Saved data entries
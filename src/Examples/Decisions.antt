-- ===== src/Examples/Decisions.antt =====
-- Tests of the policy and of the handoffs.
use native.Mathlib.Decide.{ℕ_discrete}
use herdr_harness_lite.Examples.Data.{
  candidate, changes, worker_attempt, platform, blocked_job_with, worker_result, recorded,
  exhausted, advice, approval,
}
use herdr_harness_lite.Policy.{validate_attempt_result, allowed_actions_for, valid}
use herdr_harness_lite.Model.Attempt.{
  Attempt, running, prepared, settled, AttemptPhase-discrete, WorkerStatus-discrete,
}
use herdr_harness_lite.Handoff.{
  bind_pending_handoff, approved_recovery_handoff, review_changes_handoff, identify,
}
use herdr_harness_lite.Model.Handoff.{TypedHandoff}
use herdr_harness_lite.Policy.Projection.{operator_actions_for, operator_actions_of}
use herdr_harness_lite.Model.Job.{Job, evolve_job, JobState-discrete}
use herdr_harness_lite.Ledger.Handoffs.{is_bound_to_next}
use herdr_harness_lite.Policy.Automatic.{automatic_recovery_for, rule_ready, shared_ready}
use herdr_harness_lite.Base.{
  some, ◌≡◌, none, true, ◌∷◌, [], refl, includes, some_of, find, arith, String-discrete,
  Option-discrete, filter, inr, ◌≢◌, String, false, ap, ◌==◌, sym, ◌∙◌, string_eq,
}
use herdr_harness_lite.Model.Incident.{
  hold, retry_fresh_worker, is_retry_action, RecoveryAction-discrete, BlockClass-discrete,
  IncidentLane-discrete, AutomaticRecoveryRule-discrete,
}
use herdr_harness_lite.Policy.Authorization.{
  IsRecoverable, automatic_recovery_for-IsRecoverable, recorded_once, HasGrounds,
}
use herdr_harness_lite.Policy.Offers.{Allows, cancel_offered, retry_offered}
use herdr_harness_lite.Policy.Results.{Belongs, valid→Belongs, Belongs→valid}
use herdr_harness_lite.Handoff.Bound.{
  handed_on, Targets, bound→Targets, review_changes_handoff-bound, approved_recovery_handoff-bound,
}
use herdr_harness_lite.Model.Snapshot.{worker, Lane-discrete}
use herdr_harness_lite.Base.Text.{is_blank}
use herdr_harness_lite.Policy.Operator.{
  make_operator_action, ActionKind-discrete, Effect-discrete, is_decision_resolution_eligible,
}
use herdr_harness_lite.Policy.Reassess.{reassessment_class_for, is_legacy_worker_head_mismatch}

restart_example :
    IsRecoverable
      (blocked_job_with retry_fresh_worker none)
      exhausted
      (worker_attempt settled none)
      candidate
    × HasGrounds platform
        (blocked_job_with retry_fresh_worker none)
        exhausted
        (worker_attempt settled none)
        (some (advice retry_fresh_worker))
        none
        candidate
unfolding ℕ_discrete automatic_recovery_for shared_ready rule_ready some_of includes String-discrete
    Option-discrete JobState-discrete BlockClass-discrete IncidentLane-discrete
    AttemptPhase-discrete RecoveryAction-discrete Lane-discrete WorkerStatus-discrete
    ActionKind-discrete Effect-discrete AutomaticRecoveryRule-discrete is_blank allowed_actions_for
restart_example =
    automatic_recovery_for-IsRecoverable platform (blocked_job_with retry_fresh_worker none)
      (some (advice retry_fresh_worker)) none exhausted (worker_attempt settled none) candidate refl
      refl refl refl

recorded_example :
    automatic_recovery_for platform
      (blocked_job_with retry_fresh_worker (some (recorded ∷ [])))
      (some (advice retry_fresh_worker))
      none
    ≡ none
unfolding some_of
recorded_example =
    recorded_once platform (blocked_job_with retry_fresh_worker (some (recorded ∷ [])))
      (some (advice retry_fresh_worker)) none exhausted candidate refl refl (ground arith)

accepted_example :
    (some worker_result ≡ some worker_result)
    × Belongs "job-1" (worker_attempt running none) worker_result
unfolding ℕ_discrete validate_attempt_result is_blank includes String-discrete Option-discrete
    JobState-discrete BlockClass-discrete IncidentLane-discrete AttemptPhase-discrete
    RecoveryAction-discrete Lane-discrete WorkerStatus-discrete ActionKind-discrete Effect-discrete
    AutomaticRecoveryRule-discrete allowed_actions_for
accepted_example =
    valid→Belongs "job-1" (worker_attempt running none) (some worker_result) worker_result refl

head-HasText : (h : String) → h ≡ "head" → h ≢ ""
unfolding String-discrete
head-HasText h e f = let wrong : true ≡ false = ap (λ t. t == "head") (sym e ∙ f) in ground arith

belonging_example :
    validate_attempt_result "job-1" (worker_attempt running none) (some worker_result)
    ≡ valid worker_result
unfolding ℕ_discrete includes String-discrete Option-discrete JobState-discrete BlockClass-discrete
    IncidentLane-discrete AttemptPhase-discrete RecoveryAction-discrete Lane-discrete
    WorkerStatus-discrete ActionKind-discrete Effect-discrete AutomaticRecoveryRule-discrete
    is_blank allowed_actions_for
belonging_example =
    Belongs→valid "job-1" (worker_attempt running none) worker_result
      (refl, refl, refl, refl, refl, refl, inr ("head", refl, head-HasText "head" refl))

retry_example :
    (retry_fresh_worker ≡ retry_fresh_worker)
    × (is_retry_action retry_fresh_worker ≡ true)
    × Allows exhausted retry_fresh_worker
unfolding operator_actions_for operator_actions_of some_of find includes make_operator_action
    String-discrete Option-discrete JobState-discrete BlockClass-discrete IncidentLane-discrete
    AttemptPhase-discrete RecoveryAction-discrete Lane-discrete WorkerStatus-discrete
    ActionKind-discrete Effect-discrete AutomaticRecoveryRule-discrete is_blank allowed_actions_for
retry_example =
    retry_offered platform (blocked_job_with retry_fresh_worker none) exhausted
      (advice retry_fresh_worker) retry_fresh_worker refl refl refl

cancel_example : (hold ≡ hold) × (true ≡ true) × ((blocked_job_with hold none).pull_request ≡ none)
unfolding ℕ_discrete is_decision_resolution_eligible reassessment_class_for
    is_legacy_worker_head_mismatch filter operator_actions_for operator_actions_of some_of find
    includes make_operator_action String-discrete Option-discrete JobState-discrete
    BlockClass-discrete IncidentLane-discrete AttemptPhase-discrete RecoveryAction-discrete
    Lane-discrete WorkerStatus-discrete ActionKind-discrete Effect-discrete
    AutomaticRecoveryRule-discrete is_blank allowed_actions_for
cancel_example =
    cancel_offered platform (blocked_job_with hold none) exhausted (advice hold) refl refl refl

abbrev handed : Job
handed = evolve_job (blocked_job_with retry_fresh_worker none) "2026-01-02T00:00:00Z" (
    handed_on
      (approved_recovery_handoff platform (blocked_job_with retry_fresh_worker none) exhausted
        (some (advice retry_fresh_worker)) approval "2026-01-02T00:00:00Z")
      worker)

recovery_handoff_example :
    is_bound_to_next handed (
      approved_recovery_handoff platform
        (blocked_job_with retry_fresh_worker none)
        exhausted
        (some (advice retry_fresh_worker))
        approval
        "2026-01-02T00:00:00Z")
    ≡ true
recovery_handoff_example =
    approved_recovery_handoff-bound platform (blocked_job_with retry_fresh_worker none) exhausted
      (some (advice retry_fresh_worker)) approval "2026-01-02T00:00:00Z"

abbrev review_handoff : TypedHandoff
review_handoff =
    review_changes_handoff platform (blocked_job_with hold none) "head"
      (worker_attempt settled none) changes "2026-01-02T00:00:00Z"

review_handoff_example :
    is_bound_to_next
      (evolve_job
        (blocked_job_with hold none)
        "2026-01-02T00:00:00Z"
        (handed_on review_handoff worker))
      review_handoff
    ≡ true
review_handoff_example =
    review_changes_handoff-bound platform (blocked_job_with hold none) "head"
      (worker_attempt settled none) changes "2026-01-02T00:00:00Z" refl

abbrev next_attempt : Attempt
next_attempt = record (worker_attempt prepared none) { base_sha = "head" }

abbrev next_job : Job
next_job =
    evolve_job (blocked_job_with hold none) "2026-01-02T00:00:00Z" (handed_on review_handoff worker)

bound_example :
    (next_job.pending_handoff ≡ some review_handoff) × Targets next_job next_attempt review_handoff
unfolding bind_pending_handoff evolve_job review_changes_handoff identify
bound_example = bound→Targets next_job next_attempt review_handoff (ground arith)
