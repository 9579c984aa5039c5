-- ===== src/Fleet.antt =====
-- src/fleet/restart-policy.ts and src/observer/retry.ts: when a project is started again, and when a delivery
-- is tried again. A time is a natural number of milliseconds.
use herdr_harness_lite.Base.{
  ℕ, List, ◌≡◌, ◌+◌, ◌≤◌, if◌then◌else◌, leb, ◌*◌, ◌∷◌, arith, length, filter, ◌-◌, suc, ◌<◌, ◌++◌,
  ltb, ◌^◌, [], Bool-cases, zero, refl, inl, inr, ◌⊎◌,
}

pub record FleetRestartPolicy : Type 0 where
  pub initial_backoff_ms : ℕ
  pub max_backoff_ms : ℕ
  pub max_restarts : ℕ
  pub window_ms : ℕ
  pub stable_after_ms : ℕ

pub data RestartDecision : Type 0 where
  restart : List ℕ → ℕ → ℕ → RestartDecision
  trip : List ℕ → RestartDecision

-- The starts in the window before now: `timestamp >= now - window`, written without a negative number.
abbrev recent : FleetRestartPolicy → ℕ → List ℕ → List ℕ
recent policy time timestamps =
    filter (λ timestamp. leb time (timestamp + policy.window_ms)) timestamps

abbrev pub min : ℕ → ℕ → ℕ
min a b = if leb a b then a else b

abbrev pub history : FleetRestartPolicy → List ℕ → ℕ → ℕ → List ℕ
history policy timestamps time runtime =
    (if leb policy.stable_after_ms runtime then [] else recent policy time timestamps)
    ++ (time ∷ [])

-- `decideRestart`
unfoldable pub decide_restart : FleetRestartPolicy → List ℕ → ℕ → ℕ → RestartDecision
decide_restart policy timestamps time runtime =
    let starts = history policy timestamps time runtime in
    let backoff = min policy.max_backoff_ms (policy.initial_backoff_ms * 2 ^ (length starts - 1)) in
    if ltb policy.max_restarts (length starts)
    then trip starts
    else restart starts backoff (time + backoff)

-- The starts that lie in a window before a time, in their order.
pub data Recent (window time : ℕ) : List ℕ → List ℕ → Type 0 where
  no_starts : Recent window time [] []
  kept :
      (start : ℕ) (starts recents : List ℕ)
      → time ≤ start + window
      → Recent window time starts recents
      → Recent window time (start ∷ starts) (start ∷ recents)
  dropped :
      (start : ℕ) (starts recents : List ℕ)
      → start + window < time
      → Recent window time starts recents
      → Recent window time (start ∷ starts) recents

-- The starts that count: only this one after a stable run, and else the recent ones and this one.
abbrev pub Counted : FleetRestartPolicy → List ℕ → ℕ → ℕ → List ℕ → Type 0
Counted policy timestamps time runtime starts =
    ((policy.stable_after_ms ≤ runtime) × (starts ≡ time ∷ []))
    ⊎ ((runtime < policy.stable_after_ms)
        × ((recents : List ℕ) × Recent policy.window_ms time timestamps recents
            × (starts ≡ recents ++ (time ∷ []))))

-- What a decision promises: its starts are those that count; a restart stays within the number of restarts,
-- and waits for the doubled backoff or for the greatest one, whichever is less; a trip has gone over that
-- number.
abbrev pub Decided : FleetRestartPolicy → List ℕ → ℕ → ℕ → RestartDecision → Type 0
Decided policy timestamps time runtime (restart starts backoff next) =
    Counted policy timestamps time runtime starts
    × (1 ≤ length starts)
    × (length starts ≤ policy.max_restarts)
    × (backoff ≤ policy.max_backoff_ms)
    × (backoff ≤ policy.initial_backoff_ms * 2 ^ (length starts - 1))
    × ((backoff ≡ policy.max_backoff_ms)
        ⊎ (backoff ≡ policy.initial_backoff_ms * 2 ^ (length starts - 1)))
    × (next ≡ time + backoff)
Decided policy timestamps time runtime (trip starts) =
    Counted policy timestamps time runtime starts × (policy.max_restarts < length starts)

recent-Recent :
    (policy : FleetRestartPolicy) (time : ℕ) (timestamps : List ℕ)
    → Recent policy.window_ms time timestamps (recent policy time timestamps)
unfolding filter
recent-Recent policy time [] = no_starts
recent-Recent policy time (t ∷ ts) = elim (Bool-cases (leb time (t + policy.window_ms))) [
  | inl e ↦ rw e (kept t ts (recent policy time ts) (ground arith) (recent-Recent policy time ts))
  | inr e ↦
      rw e (dropped t ts (recent policy time ts) (ground arith) (recent-Recent policy time ts))
]

history-Counted :
    (policy : FleetRestartPolicy) (timestamps : List ℕ) (time runtime : ℕ)
    → Counted policy timestamps time runtime (history policy timestamps time runtime)
history-Counted policy timestamps time runtime =
    elim (Bool-cases (leb policy.stable_after_ms runtime)) [
      | inl e ↦ inl (ground arith, rw e refl)
      | inr e ↦ inr (
        ground arith,
        (recent policy time timestamps, recent-Recent policy time timestamps, rw e refl),
      )
    ]

length-append_one : (xs : List ℕ) (x : ℕ) → length (xs ++ (x ∷ [])) ≡ length xs + 1
length-append_one [] x = refl
length-append_one (y ∷ ys) x = ground (arith, length-append_one ys x)

min-bound : (a b : ℕ) → (min a b ≤ a) × (min a b ≤ b) × ((min a b ≡ a) ⊎ (min a b ≡ b))
min-bound a b = ground arith

decision-Decided :
    (policy : FleetRestartPolicy) (timestamps : List ℕ) (time runtime : ℕ) (starts : List ℕ)
    → Counted policy timestamps time runtime starts
    → 1 ≤ length starts
    → let backoff =
        min policy.max_backoff_ms (policy.initial_backoff_ms * 2 ^ (length starts - 1)) in
      Decided policy timestamps time runtime (
        if ltb policy.max_restarts (length starts)
        then trip starts
        else restart starts backoff (time + backoff))
decision-Decided policy timestamps time runtime starts counted some_start =
    let doubled = policy.initial_backoff_ms * 2 ^ (length starts - 1) in
    let (within, below, chosen) = min-bound policy.max_backoff_ms doubled in
    elim (Bool-cases (ltb policy.max_restarts (length starts))) [
      | inl e ↦ rw e (counted, ground arith)
      | inr e ↦ rw e (counted, some_start, ground arith, within, below, chosen, refl)
    ]

-- The starts of a decision are only this one if the run was stable, and else the given ones in the window
-- and this one. A restart has at most the allowed number of them, and waits from now for the lesser of the
-- doubled and the greatest backoff; a trip has more starts than are allowed.
pub decide_restart-Decided :
    (policy : FleetRestartPolicy) (timestamps : List ℕ) (time runtime : ℕ)
    → Decided policy timestamps time runtime (decide_restart policy timestamps time runtime)
unfolding decide_restart
decide_restart-Decided policy timestamps time runtime =
    let before = if leb policy.stable_after_ms runtime then [] else recent policy time timestamps in
    decision-Decided policy timestamps time runtime (history policy timestamps time runtime)
      (history-Counted policy timestamps time runtime)
      (ground (arith, length-append_one before time))

abbrev retry_delays : List ℕ
retry_delays = 5000 ∷ 30000 ∷ 120000 ∷ 600000 ∷ 1800000 ∷ []

pub record RetryEntry : Type 0 where
  pub attempts : ℕ
  pub next_attempt_at : ℕ

abbrev delay_at : ℕ → List ℕ → ℕ
delay_at n [] = 0
delay_at zero (d ∷ ds) = d
delay_at (suc n) (d ∷ ds) = delay_at n ds

-- `scheduleObserverRetry`, which changes its entry.
unfoldable pub schedule_observer_retry : RetryEntry → ℕ → RetryEntry
schedule_observer_retry entry time = record {
  attempts = entry.attempts + 1;
  next_attempt_at = time + delay_at (min (entry.attempts + 1 - 1) 4) retry_delays;
}

delay-bounds :
    (n : ℕ) → (5000 ≤ delay_at (min n 4) retry_delays) × (delay_at (min n 4) retry_delays ≤ 1800000)
delay-bounds zero = ground arith
delay-bounds (suc zero) = ground arith
delay-bounds (suc (suc zero)) = ground arith
delay-bounds (suc (suc (suc zero))) = ground arith
delay-bounds (suc (suc (suc (suc n)))) = last (min (suc (suc (suc (suc n)))) 4) (ground arith)
  where
    last : (m : ℕ) → m ≡ 4 → (5000 ≤ delay_at m retry_delays) × (delay_at m retry_delays ≤ 1800000)
    last m e = rw e (omega arith, omega arith)

-- A delivery that has failed is counted, and is tried again five seconds later at the earliest and half an
-- hour later at the latest.
pub schedule_observer_retry-bounds :
    (entry : RetryEntry) (time : ℕ)
    → ((schedule_observer_retry entry time).attempts ≡ entry.attempts + 1)
      × (time + 5000 ≤ (schedule_observer_retry entry time).next_attempt_at)
      × ((schedule_observer_retry entry time).next_attempt_at ≤ time + 1800000)
unfolding schedule_observer_retry
schedule_observer_retry-bounds entry time = ground (arith, delay-bounds (entry.attempts + 1 - 1))
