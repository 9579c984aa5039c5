-- ===== src/Examples/Fleet.antt =====
-- Tests of the restarts of a project and of the retries of a delivery.
use herdr_harness_lite.Fleet.{
  FleetRestartPolicy, Decided, schedule_observer_retry, RetryEntry, decide_restart,
  decide_restart-Decided, schedule_observer_retry-bounds,
}
use herdr_harness_lite.Base.{◌≡◌, ◌∷◌, ◌+◌, ◌≤◌, []}

abbrev policy : FleetRestartPolicy
policy = record {
  initial_backoff_ms = 1000;
  max_backoff_ms = 60000;
  max_restarts = 5;
  window_ms = 600000;
  stable_after_ms = 300000;
}

decide_example :
    Decided policy
      (100 ∷ 800000 ∷ [])
      900000
      2000
      (decide_restart policy (100 ∷ 800000 ∷ []) 900000 2000)
decide_example = decide_restart-Decided policy (100 ∷ 800000 ∷ []) 900000 2000

abbrev entry : RetryEntry
entry = record { attempts = 2; next_attempt_at = 50 }

delivery_example :
    ((schedule_observer_retry entry 100).attempts ≡ 3)
    × (100 + 5000 ≤ (schedule_observer_retry entry 100).next_attempt_at)
    × ((schedule_observer_retry entry 100).next_attempt_at ≤ 100 + 1800000)
delivery_example = schedule_observer_retry-bounds entry 100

EXERCISE REQUIREMENTS: A single number is required: the count of lines in the data above that include the string "Model".

SOLUTION TO THE EXERCISE: 5